_ACTIVITY_
Whenever a line in the data holds the string "List", copy that line.
= = =
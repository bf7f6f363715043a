-- ===== src/Controller/World.antt =====
-- What a reconcile of a HydraMachine acts on. The API server, Cluster API's objects, the connection
-- holder and the standard library's cryptography are parameters (`Env`); a read answers from one
-- snapshot, and whether a write fails may depend on every call made before it. A patch is the change
-- that it makes: to the reconciler's copy in any case, to the stored object where it is accepted.
use cluster_api_provider_hyd.Base.{Bool, Option, none, some, List, ◌∷◌, ◌++◌, Text}
use cluster_api_provider_hyd.Base.Exec.{Result, ok, err, Exec}
use cluster_api_provider_hyd.Providers.Errors.{Error, Wait, OutcomeLabel}
use cluster_api_provider_hyd.Providers.Identity.{MachineSpec, MachineProvider}
use cluster_api_provider_hyd.Controller.Objects.{
  HydraMachine, Machine, Cluster, HydraCluster, Secret, Phase,
}

-- The client identity: the contents of the three PEM files.
pub record TlsCredentials : Type 0 where
  pub ca_cert : Text
  pub client_cert : Text
  pub client_key : Text

pub record Hypervisor : Type 0 where
  pub address : Text
  pub credentials : TlsCredentials
  pub credentials_version : Text

-- Reads of the namespace that the HydraMachine is in, by name.
pub record Reader : Type 0 where
  pub get_machine : Text → Result Error Machine
  pub get_cluster : Text → Result Error Cluster
  pub get_hydra_cluster : Text → Result Error HydraCluster
  pub get_secret : Text → Result Error Secret

-- A call of the outside, with its answer where the code looks at one.
pub data Call : Type 0 where
  patched status_patched : Option Error → Call
  created : MachineSpec → Call
  deleted : Text → Option Error → Call
  deleted_by_name : Text → Text → Option Error → Call
  released : Text → Text → Call
  wait_counted : Wait → Call
  failure_counted : Phase → OutcomeLabel → Call

pub record Env (B : Type 0) : Type 0 where
  pub reader : Reader
  pub write_fails : List Call → Option Error
  -- `Provider`, which tests set, and `ProviderFor`
  pub provider : Option (MachineProvider B)
  pub provider_for : Option (Option Hypervisor → Result Error (MachineProvider B))
  pub releases : Bool
  -- the digest in hexadecimal, of 64 bytes
  pub sha256_hex : Text → Text
  pub key_pair_matches : Text → Text → Bool
  pub holds_certificate : Text → Bool

-- The latest call stands first in the log.
pub record World (B : Type 0) : Type 0 where
  pub machine : HydraMachine
  pub stored : HydraMachine
  pub backend : B
  pub log : List Call

abbrev pub Action : Type 0 → Type 0 → Type 0
Action B A = Exec Error (World B) A

abbrev pub failure : {A : Type 0} → Result Error A → Option Error
failure (ok a) = none
failure (err e) = some e

abbrev pub answer : Option Error → Result Error (Unit {0})
answer none = ok tt
answer (some e) = err e

module _ {B : Type 0} where
  abbrev pub note : Call → World B → World B
  note c w = record w { log = c ∷ w.log }

  -- A call that only counts or tells.
  unfoldable pub tell : Call → Action B (Unit {0})
  tell c w = (ok tt, note c w)

  -- A call of the backend, whose entry in the log may hold the answer.
  unfoldable pub on_backend :
      {A : Type 0} → Exec Error B A → (Result Error A → List Call) → Action B A
  on_backend m entry w =
      let (r, b) = m w.backend in (r, record w { backend = b; log = entry r ++ w.log })

  unfoldable pub written : Option Error → (HydraMachine → HydraMachine) → World B → World B
  written none change w = record w { machine = change w.machine; stored = change w.stored }
  written (some e) change w = record w { machine = change w.machine }

  -- `r.Patch` and `r.Status().Patch` with the change made since the copy was taken.
  unfoldable pub patch : Env B → (HydraMachine → HydraMachine) → Action B (Unit {0})
  patch env change w =
      let fails = env.write_fails w.log in
      (answer fails, note (patched fails) (written fails change w))

  unfoldable pub patch_status : Env B → (HydraMachine → HydraMachine) → Action B (Unit {0})
  patch_status env change w =
      let fails = env.write_fails w.log in
      (answer fails, note (status_patched fails) (written fails change w))

  -- The reconciler's copy.
  unfoldable pub here : Action B HydraMachine
  here w = (ok w.machine, w)

  -- A pure function that may return an error.
  unfoldable pub returned : {A : Type 0} → Result Error A → Action B A
  returned r w = (r, w)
= = =
_EXERCISE SOLUTION_
use cluster_api_provider_hyd.Base.{Bool, Option, none, some, List, ◌∷◌, ◌++◌, Text}
  pub write_fails : List Call → Option Error
  pub log : List Call
      {A : Type 0} → Exec Error B A → (Result Error A → List Call) → Action B A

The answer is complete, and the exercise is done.